By the way, bovine spongiform encephalopathy (popularly know as "Mad Cow Disease") has finally found its way into the United States. Contrary to what you might read in the ever-dour mainstream press, this is great news. I hope this really throws corporate behemoths like McDonald's for a loop. The next time you sink your teeth into a quarter-pounder, stop to imagine thousands of deadly, invisible prions inundating your brain and chewing great big holes in it while you inexorably go insane and die a spasmodic death . . . Not exactly the stuff great ad campaigns are made of, is it?

Of course, the all-knowing folks at McDonald's assure us that there's absolutely nothing to fear. And we all know that giant, politically esteemed corporations never lie or act against the best interests of their clients.

Mad Cow Disease. I'm lovin' it.

Thursday, December 25, 2003

Author/critic John Shirley has a new blog. I plan on reading this one regularly.

Beagle 2 appears to be DOA. So now we'll see how NASA's Mars Exploration Rovers fare.
Microgravity sex is so over-rated . . .

I'm up late -- or early, depending on your diurnal sensibilities -- wondering if the British-built Beagle 2 probe has successfully landed on Mars. I just checked the probe's official site and it doesn't look good. Apparently the Beagle was to signal NASA's Mars Odyssey spacecraft to let it know its status. So far, it hasn't responded. But the game isn't over yet. If I manage to sleep tonight, the first thing I'll do upon waking is check the Net for updates.

Happy holidays to everyone who's taken time out of their day this year to glance over my virtual shoulder. Special season's greetings to eWarrior, Patrick Huyghe, Chris Joseph (Sauceruney), Bill Dash, Vince, Peter Gersten, Bill Eatock, and "Katmak" for helping to keep me informed of breaking weirdness and pointing me toward all-too-frequent outbreaks of postmillennial absurdity.

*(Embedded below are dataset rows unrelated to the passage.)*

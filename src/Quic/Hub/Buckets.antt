-- ===== src/Quic/Hub/Buckets.antt =====
-- server/quic/server.py, `OnlineSessionHub`: sets of connections.
use mathlib.Core.Path.{subst}
use mini_im.Prelude.{
  ℕ, ◌≡◌, refl, sym, ap, ◌∙◌, inl, inr, Bool, true, false, ◌&&◌, ◌||◌, not, List, [], ◌∷◌, arith,
  ◌==◌, Bool-cases,
}
use mini_im.Quic.Upload.Consistent.{same_number}
use mini_im.Quic.Hub.{member, add, discard}

abbrev pub Distinct : List ℕ → Type 0
Distinct [] = Unit {0}
Distinct (q ∷ bucket) = (member q bucket ≡ false) × Distinct bucket

pub member-discard :
    (p q : ℕ) (bucket : List ℕ) → member q (discard p bucket) ≡ (member q bucket && not (p == q))
unfolding member discard
member-discard p q [] = refl
member-discard p q (r ∷ bucket) = ground (arith, member-discard p q bucket)

pub discard-Distinct : (p : ℕ) (bucket : List ℕ) → Distinct bucket → Distinct (discard p bucket)
unfolding discard
discard-Distinct p [] h = tt
discard-Distinct p (q ∷ bucket) h = elim (Bool-cases (p == q)) [
  | inl e ↦ rw e (discard-Distinct p bucket h.1)
  | inr n ↦ rw n (
    member-discard p q bucket ∙ ap (λ (b : Bool). b && not (p == q)) h.0,
    discard-Distinct p bucket h.1,
  )
]

pub member-add : (p q : ℕ) (bucket : List ℕ) → member q (add p bucket) ≡ (q == p || member q bucket)
unfolding member add
member-add p q bucket = elim (Bool-cases (member p bucket)) [
  | inr n ↦ rw n refl
  | inl e ↦ elim (Bool-cases (q == p)) [
    | inr d ↦ rw (e, d) refl
    | inl same_ ↦
        rw (e, same_) (subst (λ (x : ℕ). member x bucket ≡ true) (sym (same_number q p same_)) e)
  ]
]

pub add-Distinct : (p : ℕ) (bucket : List ℕ) → Distinct bucket → Distinct (add p bucket)
unfolding add
add-Distinct p bucket h = elim (Bool-cases (member p bucket)) [
  | inl e ↦ rw e h
  | inr n ↦ rw n (n, h)
]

Wednesday, December 24, 2003

A low-budget art movie based off a story from my 1995 book "Illumined Black"? It's possible . . .

Tuesday, December 23, 2003

There's this wildly popular fiddle player here on the Plaza who's steadily grated on my nerves over the years. He tries his hardest to look like Yanni: a pretty distressing fact in itself. He sets up shop outside the coffeeshop I frequent and starts this god-awful hillbilly routine. How "rustic"! Passersby eat it up, of course, and fling little wads of money into his donation basket.

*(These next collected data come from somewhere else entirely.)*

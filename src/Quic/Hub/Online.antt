-- ===== src/Quic/Hub/Online.antt =====
-- server/quic/server.py, `OnlineSessionHub`: which connections are in the buckets.
use mathlib.Core.Path.{subst}
use mini_im.Prelude.{
  ℕ, ◌≡◌, refl, sym, ap, ◌∙◌, inl, inr, String, Bool, true, false, ◌&&◌, ◌||◌, not, Option, none,
  some, List, [], ◌∷◌, arith, ◌==◌, Bool-cases, Option-cases,
}
use mini_im.Quic.Dict.{get, put, get-put, get-put_other, get-remove, get-remove_other}
use mini_im.Quic.Upload.{same_file, release_owner}
use mini_im.Quic.Upload.Consistent.{same_file_sound, same_file_refl, some_injective}
use mini_im.Quic.Download.Jobs.{none-some}
use mini_im.Quic.Hub.{
  OnlineSessionHub, new_hub, member, add, discard, register, bucket_of, settle_bucket, unregister,
}
use mini_im.Quic.Hub.Buckets.{Distinct, member-discard, discard-Distinct, member-add, add-Distinct}

and_true : (b : Bool) → (b && true) ≡ b
and_true b = ground arith

-- What happened to the hub, the last call first.
pub data Call : Type 0 where
  registered : (user_id : String) (protocol : ℕ) → Call
  unregistered : (user_id : String) (protocol : ℕ) → Call

unfoldable pub run : List Call → ℕ → Option OnlineSessionHub
unfolding new_hub register unregister
run [] idle = some (new_hub idle)
run (registered user_id protocol ∷ calls) idle = elim (run calls idle) [
  | none ↦ none
  | some hub ↦ some (register user_id protocol hub)
]
run (unregistered user_id protocol ∷ calls) idle = elim (run calls idle) [
  | none ↦ none
  | some hub ↦ unregister user_id protocol hub
]

-- A connection is online for a user if the last call about them registered it.
unfoldable pub is_online : List Call → String → ℕ → Bool
is_online [] user_id p = false
is_online (registered u q ∷ calls) user_id p =
    (same_file u user_id && p == q) || is_online calls user_id p
is_online (unregistered u q ∷ calls) user_id p =
    is_online calls user_id p && not (same_file u user_id && q == p)

-- Each bucket is a set, of the connections that are online.
abbrev Agrees : List Call → List (String × List ℕ) → Type 0
Agrees calls protocols =
    (user_id : String)
    → Distinct (bucket_of user_id protocols)
      × ((p : ℕ) → member p (bucket_of user_id protocols) ≡ is_online calls user_id p)

bucket_of-put :
    (user_id : String) (bucket : List ℕ) (protocols : List (String × List ℕ))
    → bucket_of user_id (put same_file user_id bucket protocols) ≡ bucket
unfolding bucket_of
bucket_of-put user_id bucket protocols =
    rw (bucket_of, get-put same_file same_file_sound same_file_refl user_id bucket protocols) refl

bucket_of-put_other :
    (user_id other : String) (bucket : List ℕ) (protocols : List (String × List ℕ))
    → same_file user_id other ≡ false
    → bucket_of other (put same_file user_id bucket protocols) ≡ bucket_of other protocols
unfolding bucket_of
bucket_of-put_other user_id other bucket protocols n =
    rw
      (
        bucket_of,
        get-put_other same_file same_file_sound same_file_refl user_id other bucket protocols n,
      )
      refl

bucket_of-settle_bucket :
    (user_id : String) (bucket : List ℕ) (protocols : List (String × List ℕ))
    → bucket_of user_id (settle_bucket user_id bucket protocols) ≡ bucket
unfolding bucket_of settle_bucket
bucket_of-settle_bucket user_id [] protocols =
    rw (bucket_of, get-remove same_file same_file_sound same_file_refl user_id protocols) refl
bucket_of-settle_bucket user_id (q ∷ bucket) protocols =
    rw (bucket_of, get-put same_file same_file_sound same_file_refl user_id (q ∷ bucket) protocols)
      refl

bucket_of-settle_bucket_other :
    (user_id other : String) (bucket : List ℕ) (protocols : List (String × List ℕ))
    → same_file user_id other ≡ false
    → bucket_of other (settle_bucket user_id bucket protocols) ≡ bucket_of other protocols
unfolding bucket_of settle_bucket
bucket_of-settle_bucket_other user_id other [] protocols n =
    rw
      (
        bucket_of,
        get-remove_other same_file same_file_sound same_file_refl user_id other protocols n,
      )
      refl
bucket_of-settle_bucket_other user_id other (q ∷ bucket) protocols n =
    rw
      (
        bucket_of,
        get-put_other same_file same_file_sound same_file_refl user_id other (q ∷ bucket) protocols
            n,
      )
      refl

register-Agrees :
    (calls : List Call) (u : String) (q : ℕ) (protocols : List (String × List ℕ))
    → Agrees calls protocols
    → Agrees (registered u q ∷ calls) (put same_file u (add q (bucket_of u protocols)) protocols)
unfolding is_online
register-Agrees calls u q protocols h user_id = elim (Bool-cases (same_file u user_id)) [
  | inr other ↦
      let b = bucket_of-put_other u user_id (add q (bucket_of u protocols)) protocols other in
      (subst Distinct (sym b) (h user_id).0, λ p. rw (b, other) ((h user_id).1 p))
  | inl same_ ↦
      let e : u ≡ user_id = same_file_sound u user_id same_ in
      let b : bucket_of user_id (put same_file u (add q (bucket_of u protocols)) protocols)
          ≡ add q (bucket_of user_id protocols) =
        ap (λ (x : String). bucket_of x (put same_file u (add q (bucket_of u protocols)) protocols))
          (sym e)
        ∙ bucket_of-put u (add q (bucket_of u protocols)) protocols
        ∙ ap (λ (x : String). add q (bucket_of x protocols)) e in
      (
        subst Distinct (sym b) (add-Distinct q (bucket_of user_id protocols) (h user_id).0),
        λ p.
            rw (b, same_)
              (member-add q p (bucket_of user_id protocols)
                ∙ ap (λ (x : Bool). p == q || x) ((h user_id).1 p)),
      )
]

unregister-Agrees :
    (calls : List Call) (u : String) (q : ℕ) (protocols : List (String × List ℕ))
    → Agrees calls protocols
    → Agrees
        (unregistered u q ∷ calls)
        (settle_bucket u (discard q (bucket_of u protocols)) protocols)
unfolding is_online
unregister-Agrees calls u q protocols h user_id = elim (Bool-cases (same_file u user_id)) [
  | inr other ↦
      let b =
        bucket_of-settle_bucket_other u user_id (discard q (bucket_of u protocols)) protocols
          other in
      (
        subst Distinct (sym b) (h user_id).0,
        λ p. rw (b, other) ((h user_id).1 p ∙ sym (and_true (is_online calls user_id p))),
      )
  | inl same_ ↦
      let e : u ≡ user_id = same_file_sound u user_id same_ in
      let settled = settle_bucket u (discard q (bucket_of u protocols)) protocols in
      let b : bucket_of user_id settled ≡ discard q (bucket_of user_id protocols) =
        ap (λ (x : String). bucket_of x settled) (sym e)
        ∙ bucket_of-settle_bucket u (discard q (bucket_of u protocols)) protocols
        ∙ ap (λ (x : String). discard q (bucket_of x protocols)) e in
      (
        subst Distinct (sym b) (discard-Distinct q (bucket_of user_id protocols) (h user_id).0),
        λ p.
            rw (b, same_)
              (member-discard q p (bucket_of user_id protocols)
                ∙ ap (λ (x : Bool). x && not (q == p)) ((h user_id).1 p)),
      )
]

-- A user without a bucket has nothing to discard.
absent_bucket :
    (u : String) (q : ℕ) (protocols : List (String × List ℕ))
    → get same_file u protocols ≡ none
    → bucket_of u protocols ≡ discard q (bucket_of u protocols)
unfolding discard bucket_of
absent_bucket u q protocols g = rw (bucket_of, g) refl

no_bucket :
    (u : String) (q : ℕ) (protocols : List (String × List ℕ))
    → get same_file u protocols ≡ none
    → (user_id : String)
    → bucket_of user_id protocols
      ≡ bucket_of user_id (settle_bucket u (discard q (bucket_of u protocols)) protocols)
no_bucket u q protocols g user_id = elim (Bool-cases (same_file u user_id)) [
  | inr other ↦
      sym (
        bucket_of-settle_bucket_other u user_id (discard q (bucket_of u protocols)) protocols other)
  | inl same_ ↦
      let e : u ≡ user_id = same_file_sound u user_id same_ in
      let settled = settle_bucket u (discard q (bucket_of u protocols)) protocols in
      ap (λ (x : String). bucket_of x protocols) (sym e)
      ∙ absent_bucket u q protocols g
      ∙ sym (bucket_of-settle_bucket u (discard q (bucket_of u protocols)) protocols)
      ∙ ap (λ (x : String). bucket_of x settled) e
]

bucket_of_found :
    (u : String) (bucket : List ℕ) (protocols : List (String × List ℕ))
    → get same_file u protocols ≡ some bucket
    → bucket_of u protocols ≡ bucket
unfolding bucket_of
bucket_of_found u bucket protocols g = rw (bucket_of, g) refl

unregister-protocols :
    (u : String) (q : ℕ) (hub after : OnlineSessionHub)
    → unregister u q hub ≡ some after
    → (user_id : String)
    → bucket_of user_id after.protocols
      ≡ bucket_of user_id (settle_bucket u (discard q (bucket_of u hub.protocols)) hub.protocols)
unfolding unregister
unregister-protocols u q hub after e user_id =
    elim (Option-cases (release_owner q none hub.uploads)) [
      | inl r ↦ absurd (none-some after (sym (rw (unregister, r) refl) ∙ e))
      | inr (uploads, r) ↦ elim (Option-cases (get same_file u hub.protocols)) [
        | inl g ↦
            let kept : record hub { uploads = uploads } ≡ after =
              some_injective (sym (rw (unregister, r, g) refl) ∙ e) in
            ap (λ (h : OnlineSessionHub). bucket_of user_id h.protocols) (sym kept)
            ∙ no_bucket u q hub.protocols g user_id
        | inr (bucket, g) ↦
            let settled : OnlineSessionHub = record {
              uploads = uploads;
              protocols = settle_bucket u (discard q bucket) hub.protocols;
            } in
            let kept : settled ≡ after = some_injective (sym (rw (unregister, r, g) refl) ∙ e) in
            ap (λ (h : OnlineSessionHub). bucket_of user_id h.protocols) (sym kept)
            ∙ ap (λ (b : List ℕ). bucket_of user_id (settle_bucket u (discard q b) hub.protocols))
                (sym (bucket_of_found u bucket hub.protocols g))
      ]
    ]

register_hub-Agrees :
    (calls : List Call) (u : String) (q : ℕ) (hub : OnlineSessionHub)
    → Agrees calls hub.protocols
    → Agrees (registered u q ∷ calls) (register u q hub).protocols
unfolding register
register_hub-Agrees calls u q hub h = register-Agrees calls u q hub.protocols h

pub run-Agrees :
    (calls : List Call) (idle : ℕ) (hub : OnlineSessionHub)
    → run calls idle ≡ some hub
    → Agrees calls hub.protocols
unfolding run new_hub bucket_of is_online
run-Agrees [] idle hub e =
    let empty : [] ≡ hub.protocols =
      ap (λ (h : OnlineSessionHub). h.protocols) (some_injective e) in
    subst (λ (protocols : List (String × List ℕ)). Agrees [] protocols) empty (λ u. (tt, λ p. refl))
run-Agrees (registered u q ∷ calls) idle hub e = elim (Option-cases (run calls idle)) [
  | inl n ↦ absurd (none-some hub (sym (rw n refl) ∙ e))
  | inr (before, r) ↦
      let is : register u q before ≡ hub = some_injective (sym (rw r refl) ∙ e) in
      subst (λ (h : OnlineSessionHub). Agrees (registered u q ∷ calls) h.protocols) is
        (register_hub-Agrees calls u q before (run-Agrees calls idle before r))
]
run-Agrees (unregistered u q ∷ calls) idle hub e = elim (Option-cases (run calls idle)) [
  | inl n ↦ absurd (none-some hub (sym (rw n refl) ∙ e))
  | inr (before, r) ↦
      let same_buckets = unregister-protocols u q before hub (sym (rw r refl) ∙ e) in
      let agrees = unregister-Agrees calls u q before.protocols (run-Agrees calls idle before r) in
      λ user_id. (
        subst Distinct (sym (same_buckets user_id)) (agrees user_id).0,
        λ p. ap (member p) (same_buckets user_id) ∙ (agrees user_id).1 p,
      )
]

He fleeces tourists and window-shoppers year-round, but holidays are the worst. To get my coffee, I have to pass through a small crowd of fascinated, tasteless listeners. The other night he was squealing his way through a bone-chilling Branson-ized medley of Christmas songs. Members of his audience were literally slapping their knees in time to the music. I wanted to vomit -- as noisily as possible.

Is it too late to add this to my Christmas list?
Oh, the humanity!

Here's an urban phenomenon I don't understand: people who come to abrupt stops in the middle of sidewalks so they can talk on their cellphones. You never see it coming, either. The fat woman right in front of you whips out her "designer" Nokia and commuters are forced to make rapid evasive maneuvers or else find themselves in a human pile-up.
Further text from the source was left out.